There have been a number of rumors concerning that CIX doing registration functions for .COM, .US and some address space. The proposals are premature.
The problem is not that there are too few registries.
CIX is now the most restrictive exchange point. They are now trying to get out of the routing business. They are looking to do something else.
The Registry Toolset is one of the things the CIX will try to do.
There are a number of different things going on. The complexity level is rising.
Currently, the current system does not scale, there is too much manual processing, users cannot preview changes, policy enforcement is murky and there is little backend coupling.

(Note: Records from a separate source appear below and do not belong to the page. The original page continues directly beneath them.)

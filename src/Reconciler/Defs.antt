-- ===== src/Reconciler/Defs.antt =====
-- internal/reconciler/reconciler.go: the sweep that republishes stranded tasks.
use golang_staterpack.Prelude.{
  ℕ, suc, ℤ, pos, ◌-ℤ◌, List, [], ◌∷◌, Result, ok, err, Call, if◌then◌else◌, leb_ℤ,
}
use golang_staterpack.Errors.{Error}
use golang_staterpack.Model.{Time, Duration, Task}
use golang_staterpack.Service.Defs.{World, TaskService, Stamp, find_stale, republish_created}

-- `StaleTasks`; `Stamp` is what the event of a republished task draws.
pub record StaleTasks (W : Type 0) : Type 0 where
  pub find_stale : Time → Time → ℤ → Call W Error (List Task)
  pub republish_created : Stamp → Task → Call W Error (Unit {0})

-- The service as the reconciler sees it.
abbrev pub stale_tasks : {D C B : Type 0} → TaskService D C B → StaleTasks (World D C B)
stale_tasks s = record { find_stale = find_stale s; republish_created = republish_created s }

pub record Options : Type 0 where
  pub interval : Duration
  pub pending_grace : Duration
  pub processing_timeout : Duration
  pub batch_size : ℤ

abbrev pub default_to : ℤ → ℤ → ℤ
default_to fallback n = if leb_ℤ n (pos 0) then fallback else n

-- `New`, less the clock, which every sweep takes as an argument.
unfoldable pub with_defaults : Options → Options
with_defaults o = record {
  interval = default_to (pos 60000000000) o.interval;
  pending_grace = default_to (pos 300000000000) o.pending_grace;
  processing_timeout = default_to (pos 600000000000) o.processing_timeout;
  batch_size = default_to (pos 100) o.batch_size;
}

abbrev pub tally : Result Error (Unit {0}) → ℕ → ℕ
tally (ok _) n = suc n
tally (err _) n = n

-- What `Run` waits for between two sweeps: the ticker or the end of the context.
pub data Signal : Type 0 where
  tick : Time → (ℕ → Stamp) → Signal
  done : Signal

-- What `OnSweep` is told.
abbrev pub reported : Result Error ℕ → ℕ
reported (ok n) = n
reported (err e) = 0

module _ {W : Type 0} (tasks : StaleTasks W) where
  -- The loop of `Sweep`: an error is logged and the batch goes on. `stamps k` is drawn for the
  -- k-th task of the batch. An empty batch gives 0, as the early return of `Sweep` does.
  unfoldable pub rescue : (ℕ → Stamp) → ℕ → List Task → ℕ → W → ℕ × W
  rescue stamps k [] rescued w = (rescued, w)
  rescue stamps k (t ∷ ts) rescued w =
      let (r, w') = tasks.republish_created (stamps k) t w in
      rescue stamps (suc k) ts (tally r rescued) w'

  swept : (ℕ → Stamp) → Result Error (List Task) → Call W Error ℕ
  unfolding rescue
  swept stamps (err e) w = (err e, w)
  swept stamps (ok ts) w = let (n, w') = rescue stamps 0 ts 0 w in (ok n, w')

  unfoldable pub sweep : Options → Time → (ℕ → Stamp) → Call W Error ℕ
  unfolding swept
  sweep o now stamps w =
      let (r, w') =
        tasks.find_stale (now -ℤ o.pending_grace) (now -ℤ o.processing_timeout) o.batch_size w in
      swept stamps r w'

  -- The loop of `Run` over the signals to come: a sweep, then a wait. It ends with the context, and
  -- here also with the list.
  unfoldable pub run_from : Options → Time → (ℕ → Stamp) → List Signal → W → List ℕ × W
  run_from o now stamps [] w = let (r, w') = sweep o now stamps w in (reported r ∷ [], w')
  run_from o now stamps (done ∷ _) w = let (r, w') = sweep o now stamps w in (reported r ∷ [], w')
  run_from o now stamps (tick now' stamps' ∷ signals) w =
      let (r, w') = sweep o now stamps w in
      let (rs, w'') = run_from o now' stamps' signals w' in (reported r ∷ rs, w'')
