-- ===== src/Transport/Defs.antt =====
-- internal/transport/http/middleware.go, task_handler.go and health_handler.go, and the counter of
-- cmd/api/main.go. What Fiber reads of a request and writes of a response are values here.
use golang_staterpack.Prelude.{
  ℕ, zero, suc, ◌+◌, ◌/◌, ℤ, pos, negsuc, ◌-ℤ◌, String, Bool, true, false, ◌&&◌, List, [], ◌∷◌,
  Option, none, some, Result, ok, err, Call, ◌>>=◌, ◌>>◌, pure, if◌then◌else◌, str_eq, ltb_ℤ,
}
use Prim.Native.String.{◌++◌}
use golang_staterpack.Errors.{
  Error, Fault, sentinel, external, fiber_error, wrap, detail, not_found, invalid_input, is,
  message,
}
use golang_staterpack.Model.{Uuid, Task, Duration}
use golang_staterpack.Libraries.Redis.{Redis}
use golang_staterpack.Service.Defs.{World, TaskService, CreateTaskInput, Stamp}
use golang_staterpack.Service.Defs

pub record ErrorBody : Type 0 where
  pub error : String
  pub code : String
  pub details : String
  pub trace_id : String

-- What a handler gives to `c.JSON` or sends.
pub data Content : Type 0 where
  failure : ErrorBody → Content
  task : Task → Content
  tasks : List Task → ℕ → ℤ → ℤ → Content
  health : String → String → String → Content
  alive : Content
  empty : Content

-- `c.QueryInt` has found a number, or takes the default.
pub record Request : Type 0 where
  pub body : Result Fault CreateTaskInput
  pub id : String
  pub limit : Option ℤ
  pub offset : Option ℤ

-- A header whose value `itoa` prints is kept as its number.
pub record Response : Type 0 where
  pub status : ℕ
  pub headers : List (String × ℤ)
  pub content : Content

abbrev pub reply : ℕ → Content → Response
reply status content = record { status = status; headers = []; content = content }

-- `errors.As(err, &fe)` for a `*fiber.Error`.
abbrev pub as_fiber : Error → Option (ℕ × String)
as_fiber (sentinel s) = none
as_fiber (external s) = none
as_fiber (fiber_error n s) = some (n, s)
as_fiber (wrap s e) = as_fiber e
as_fiber (detail e s) = as_fiber e

abbrev pub error_reply : ℕ → String → String → String → String → Response
error_reply status error code details trace =
    reply status
      (Content.failure (record { error = error; code = code; details = details; trace_id = trace }))

abbrev pub classified : Bool → String → Error → Response
classified include_detail trace e =
    if is e not_found
    then error_reply 404 "resource not found" "not_found" "" trace
    else if is e invalid_input
    then error_reply 400 (message e) "invalid_input" "" trace
    else error_reply 500 "internal server error" "internal_error"
        (if include_detail then message e else "") trace

abbrev pub by_fiber : Bool → String → Error → Option (ℕ × String) → Response
by_fiber include_detail trace e none = classified include_detail trace e
by_fiber include_detail trace e (some (code, text)) =
    error_reply code text "internal_error" "" trace

-- `ErrorHandler`.
unfoldable pub error_handler : Bool → String → Error → Response
error_handler include_detail trace e = by_fiber include_detail trace e (as_fiber e)

-- What the application sends for the result of a handler.
abbrev pub answer : Bool → String → Result Error Response → Response
answer include_detail trace (ok r) = r
answer include_detail trace (err e) = error_handler include_detail trace e

unfoldable pub request_id : String → String → String
request_id inbound fresh = if str_eq inbound "" then fresh else inbound

-- What `RequestID` leaves: the local of the request, if it is set, and the header of the response.
pub record Correlation : Type 0 where
  pub local : Option String
  pub header : Option String

abbrev pub correlate : String → String → Correlation
correlate inbound fresh =
    let id = request_id inbound fresh in record { local = some id; header = some id }

-- `traceID`.
abbrev pub trace_id : Option String → String
trace_id none = ""
trace_id (some id) = id

-- How the handlers behind a middleware end.
pub data Outcome : Type 0 where
  returned : Result Error Response → Outcome
  panicked : Outcome

-- `Recoverer`: a panic is answered, and is no error for the handlers in front.
abbrev pub recoverer : String → Outcome → Result Error Response
recoverer trace (returned r) = r
recoverer trace panicked = ok (error_reply 500 "internal server error" "panic" "" trace)

abbrev pub or_default : ℤ → Option ℤ → ℤ
or_default n none = n
or_default n (some m) = m

abbrev pub parsed : String → Option Uuid → Result Error Uuid
parsed text none = err (fiber_error 400 text)
parsed text (some i) = ok i

abbrev pub body_of : Result Fault CreateTaskInput → Result Error CreateTaskInput
body_of (ok input) = ok input
body_of (err e) = err (fiber_error 400 "malformed JSON body")

module _ {D C B : Type 0} (s : TaskService D C B) where
  abbrev pub Handler : Type 0
  Handler = Call (World D C B) Error Response

  abbrev pub task_id : Request → Result Error Uuid
  task_id q = parsed "invalid task id" (s.encoding.uuids.parse q.id)

  unfoldable pub create_task : Uuid → Stamp → Request → Handler
  create_task fresh stamp q = do
    input ← Defs.lift (body_of q.body)
    t ← Defs.create s fresh stamp input
    pure (reply 201 (Content.task t))

  unfoldable pub get_task : Request → Handler
  get_task q = do i ← Defs.lift (task_id q); t ← Defs.get s i; pure (reply 200 (Content.task t))

  unfoldable pub list_tasks : Request → Handler
  list_tasks q = do
    (ts, total) ← Defs.list s (or_default (pos 20) q.limit) (or_default (pos 0) q.offset)
    pure (
        reply 200
          (Content.tasks ts total (or_default (pos 20) q.limit) (or_default (pos 0) q.offset)))

  unfoldable pub delete_task : Request → Handler
  delete_task q = do i ← Defs.lift (task_id q); Defs.delete s i; pure (reply 204 Content.empty)

abbrev pub is_ok : {A : Type 0} → Result Fault A → Bool
is_ok (ok a) = true
is_ok (err e) = false

abbrev checked : Bool → String
checked up = if up then "ok" else "unavailable"

-- `Live`.
abbrev pub live : Response
live = reply 200 Content.alive

-- `NotFound`.
abbrev pub no_route : String → Response
no_route trace = error_reply 404 "route not found" "route_not_found" "" trace

-- `Ready`, given what `DB()` with `PingContext` and the ping of Redis have answered.
unfoldable pub ready : Result Fault (Unit {0}) → Result Fault (Unit {0}) → Response
ready postgres redis =
    if is_ok postgres && is_ok redis
    then reply 200 (Content.health "ok" "ok" "ok")
    else reply 503 (Content.health "degraded" (checked (is_ok postgres)) (checked (is_ok redis)))

abbrev minus : ℕ → ℤ
minus zero = pos 0
minus (suc n) = negsuc n

-- `int(window.Seconds())`, which rounds towards 0.
abbrev pub seconds : Duration → ℤ
seconds (pos n) = pos (n / 1000000000)
seconds (negsuc n) = minus ((n + 1) / 1000000000)

abbrev pub at_least_zero : ℤ → ℤ
at_least_zero (pos n) = pos n
at_least_zero (negsuc n) = pos 0

abbrev pub limit_headers : ℤ → ℤ → List (String × ℤ)
limit_headers limit count =
    ("X-RateLimit-Limit", limit) ∷ ("X-RateLimit-Remaining", at_least_zero (limit -ℤ count)) ∷ []

-- What the limiter decides: the headers to set, and the response that stops the request, if any.
abbrev pub verdict : ℤ → Duration → String → Result Fault ℤ → List (String × ℤ) × Option Response
verdict limit window trace (err e) = ([], none)
verdict limit window trace (ok count) = (
  limit_headers limit count,
  if ltb_ℤ limit count
      then some (record (error_reply 429 "rate limit exceeded" "rate_limited" "" trace) {
        headers = ("Retry-After", seconds window) ∷ [];
      })
      else none,
)

module _ {C : Type 0} (cache : Redis C) where
  -- `redisRateIncrementer`.
  abbrev pub increment : String → Duration → Call C Fault ℤ
  increment k window = cache.incr_expire k window

  -- `RateLimiter` up to `c.Next()`, for a client's address.
  unfoldable pub rate_limiter :
      ℤ → Duration → String → String → C → (List (String × ℤ) × Option Response) × C
  rate_limiter limit window ip trace c =
      let (r, c') = increment ("ratelimit:" ++ ip) window c in (verdict limit window trace r, c')
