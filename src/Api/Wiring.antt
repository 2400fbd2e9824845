-- ===== src/Api/Wiring.antt =====
-- cmd/api/main.go: the parts that `run` builds from the configuration.
use golang_staterpack.Prelude.{ℤ, pos, String, Bool, not, List, Option, some, ok, err}
use golang_staterpack.Errors.{Error}
use golang_staterpack.Model.{Duration}
use golang_staterpack.Libraries.Gorm.{Gorm}
use golang_staterpack.Libraries.Redis.{Redis}
use golang_staterpack.Config.Defs.{Config, LlmConfig, ReconcilerConfig, BrokerConfig, is_production}
use golang_staterpack.Llm.Defs.{Openai, Client, client, disabled, new}
use golang_staterpack.Repository.Defs.{task_repository}
use golang_staterpack.Service.Defs.{TaskService, Publisher, Encoding, new_task_service}
use golang_staterpack.Broker.Connection
use golang_staterpack.Broker.Dedupe.{new_dedupe}
use golang_staterpack.Worker.Defs.{TaskSummarizer, new_task_summarizer}
use golang_staterpack.Reconciler.Defs.{Options}
use golang_staterpack.Transport.Defs.{Response, error_handler, rate_limiter}

abbrev pub rate_limit_requests : ℤ
rate_limit_requests = pos 100

-- `60 * time.Second`.
abbrev pub rate_limit_window : Duration
rate_limit_window = pos 60000000000

abbrev pub broker_options : BrokerConfig → Connection.Options
broker_options cfg = record { url = cfg.url; exchange = cfg.exchange; prefetch = cfg.prefetch }

-- A client that cannot be built is replaced by the one that is disabled.
unfoldable pub llm_client : {F M L : Type 0} → Openai F M L → LlmConfig F → Client L
llm_client openai cfg = elim (new openai cfg) [
  | ok c ↦ client openai c
  | err e ↦ disabled cfg.model
]

-- `taskRepo` and `taskSvc`.
abbrev pub task_service :
    {D C B : Type 0} → Gorm D → Publisher B → Redis C → Encoding → TaskService D C B
task_service db brk rdb encoding = new_task_service (task_repository db) brk rdb encoding

-- `dedupe` and `summarizer`.
abbrev pub summarizer :
    {F M D C B L : Type 0}
    → Openai F M L
    → Config F
    → TaskService D C B
    → Redis C
    → TaskSummarizer D C B L
summarizer openai cfg svc rdb =
    new_task_summarizer svc (llm_client openai cfg.llm)
      (some (new_dedupe rdb cfg.reconciler.dedupe_ttl))

abbrev pub reconciler_options : ReconcilerConfig → Options
reconciler_options cfg = record {
  interval = cfg.interval;
  pending_grace = cfg.pending_grace;
  processing_timeout = cfg.processing_timeout;
  batch_size = cfg.batch_size;
}

-- The limiter of the router, with its counter.
abbrev pub limiter :
    {C : Type 0} → Redis C → String → String → C → (List (String × ℤ) × Option Response) × C
limiter rdb = rate_limiter rdb rate_limit_requests rate_limit_window

-- `fiber.Config`, as far as it is set.
pub record FiberConfig : Type 0 where
  pub app_name : String
  pub read_timeout : Duration
  pub write_timeout : Duration
  pub idle_timeout : Duration
  pub disable_startup_message : Bool
  pub error_handler : String → Error → Response

-- `newFiberApp`.
unfoldable pub fiber_config : {F : Type 0} → Config F → FiberConfig
fiber_config cfg = record {
  app_name = cfg.app.name;
  read_timeout = cfg.http.read_timeout;
  write_timeout = cfg.http.write_timeout;
  idle_timeout = cfg.http.idle_timeout;
  disable_startup_message = is_production cfg.app;
  error_handler = error_handler (not (is_production cfg.app));
}
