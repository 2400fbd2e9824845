-- ===== src/Api/Degraded.antt =====
-- The worker of a process that has no key for the language model.
use golang_staterpack.Prelude.{
  String, ◌≡◌, refl, ap, ◌∙◌, ◌⊎◌, inl, inr, Option, some, ok, err, eq_iff, arith,
}
use golang_staterpack.Errors.{external}
use golang_staterpack.Model.{Uuid, Time, Task, Bytes, pending, completed}
use golang_staterpack.Event.{Envelope, TaskCreatedPayload}
use golang_staterpack.Libraries.Gorm.{Same}
use golang_staterpack.Repository.Contract.{IsContract, restatus}
use golang_staterpack.Config.Defs.{LlmConfig}
use golang_staterpack.Llm.Defs.{Openai, disabled, new}
use golang_staterpack.Worker.Defs.{TaskSummarizer, Process, handle, text_of}
use golang_staterpack.Worker.Outcomes.{IsEvent}
use golang_staterpack.Worker.Summaries.{handle-acknowledged}
use golang_staterpack.Api.Wiring.{llm_client}

new-keyless :
    {F M L : Type 0} (openai : Openai F M L) (cfg : LlmConfig F)
    → cfg.api_key ≡ ""
    → new openai cfg ≡ err (external "llm: API key is empty")
unfolding new
new-keyless openai cfg none_set = rw ((eq_iff cfg.api_key "").1 none_set) refl

llm_client-keyless :
    {F M L : Type 0} (openai : Openai F M L) (cfg : LlmConfig F)
    → cfg.api_key ≡ ""
    → llm_client openai cfg ≡ disabled cfg.model
unfolding llm_client
llm_client-keyless openai cfg none_set = rw (llm_client, new-keyless openai cfg none_set) refl

disabled_answer :
    {L : Type 0} (model text : String) (l : L) → (disabled model).summarize text l ≡ (ok text, l)
unfolding disabled
disabled_answer model text l = refl

-- Without an API key no request leaves the process; and where nothing else changes the database while
-- the handler works, a `task.created` message that it acknowledges has changed no row, or its task
-- was pending and is completed with its own title and description as the summary.
pub handle-keyless :
    {D C B F M L : Type 0} (w : TaskSummarizer D C B L) (row : D → Uuid → Option Task)
    → IsContract w.svc.repo row
    → (openai : Openai F M L) (cfg : LlmConfig F) → cfg.api_key ≡ ""
    → w.llm ≡ llm_client openai cfg
    → (now : String) (body : Bytes) (env : Envelope) (p : TaskCreatedPayload) → IsEvent w body env p
    → (q : Process D C B L) → (handle w now body q).0 ≡ ok tt
    → let q' = (handle w now body q).1 in
      (q'.llm ≡ q.llm)
      × (Same row q.world.db q'.world.db
          ⊎ ((t : Task) × (at : Time) × (row q.world.db p.task_id ≡ some t)
              × (t.status ≡ pending)
              × (row q'.world.db p.task_id ≡ some (restatus completed (text_of p) at t))))
handle-keyless w row contract openai cfg keyless wired now body env p event q h =
    elim (handle-acknowledged w row contract now body env p event q h) [
      | inl (unasked, same) ↦ (unasked, inl same)
      | inr done ↦
          let off : w.llm ≡ disabled cfg.model = wired ∙ llm_client-keyless openai cfg keyless in
          let run : w.llm.summarize (text_of p) q.llm ≡ (ok (text_of p), q.llm) =
            ap (λ c. c.summarize (text_of p) q.llm) off
            ∙ disabled_answer cfg.model (text_of p) q.llm in
          let answered = done.answered in
          let said : text_of p ≡ done.summary = ground (arith, run, answered) in
          (
            done.asked_once ∙ ap (λ r. r.1) run,
            inr (
              done.before,
              done.now,
              done.was_pending.0,
              done.was_pending.1,
              rw said done.stored,
            ),
          )
    ]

There are a number of pieces of the puzzle: RIPE, RFC1466bis, RA, NICs, DNS and BIND, and CIX (which isn't involved in these issues at this time).The CIX can do it wrong by being overambitious, being ignorant of the technical or political issues or by working on something that is irrelevant to the problem.
The CIX is asking what it can do to help.
The CIX will get involved with the OPS groups in IETF, make proposals in neglected areas, develop a registry toolset, try to coordinate related efforts, possibly run a new lightweight registry later on. The CIX does not see it as owners of this work.
The CIX suggests that registries are autonomous. The CIX suggests that registries should be able to act as agents for other registries.
David Conrad from APNIC speaks The CIX is a membership organization. How would these tools to be of benefit to members versus non-members?
Paul said that there is still a sense of everybody should work together and then everyone wins in the CIX. Vince Fuller from BBN Planet asks what the benefit this would be to CIX member? Elise from Merit said that all of us my benefit from such work. Also, RFC 1466 does talk about agents a bit, but more work needs to be down.
Daniel from RIPE-NCC asks for more information about making Policy Enforcement Obvious and Clear.. Jerry says that he believes the policy has be described in some kind of rule set that can be destributed amongs all registries. Daniel said that about 90% is spent on policy checking and 10% on the actual process of engaging the registration.
It was also suggested that paying a non-profit to run the registration process, but the CIX may not be the appropriate group.
Why not do this under the Internet Software Consortium? The CIX Board thinks this a good use of Paul's time.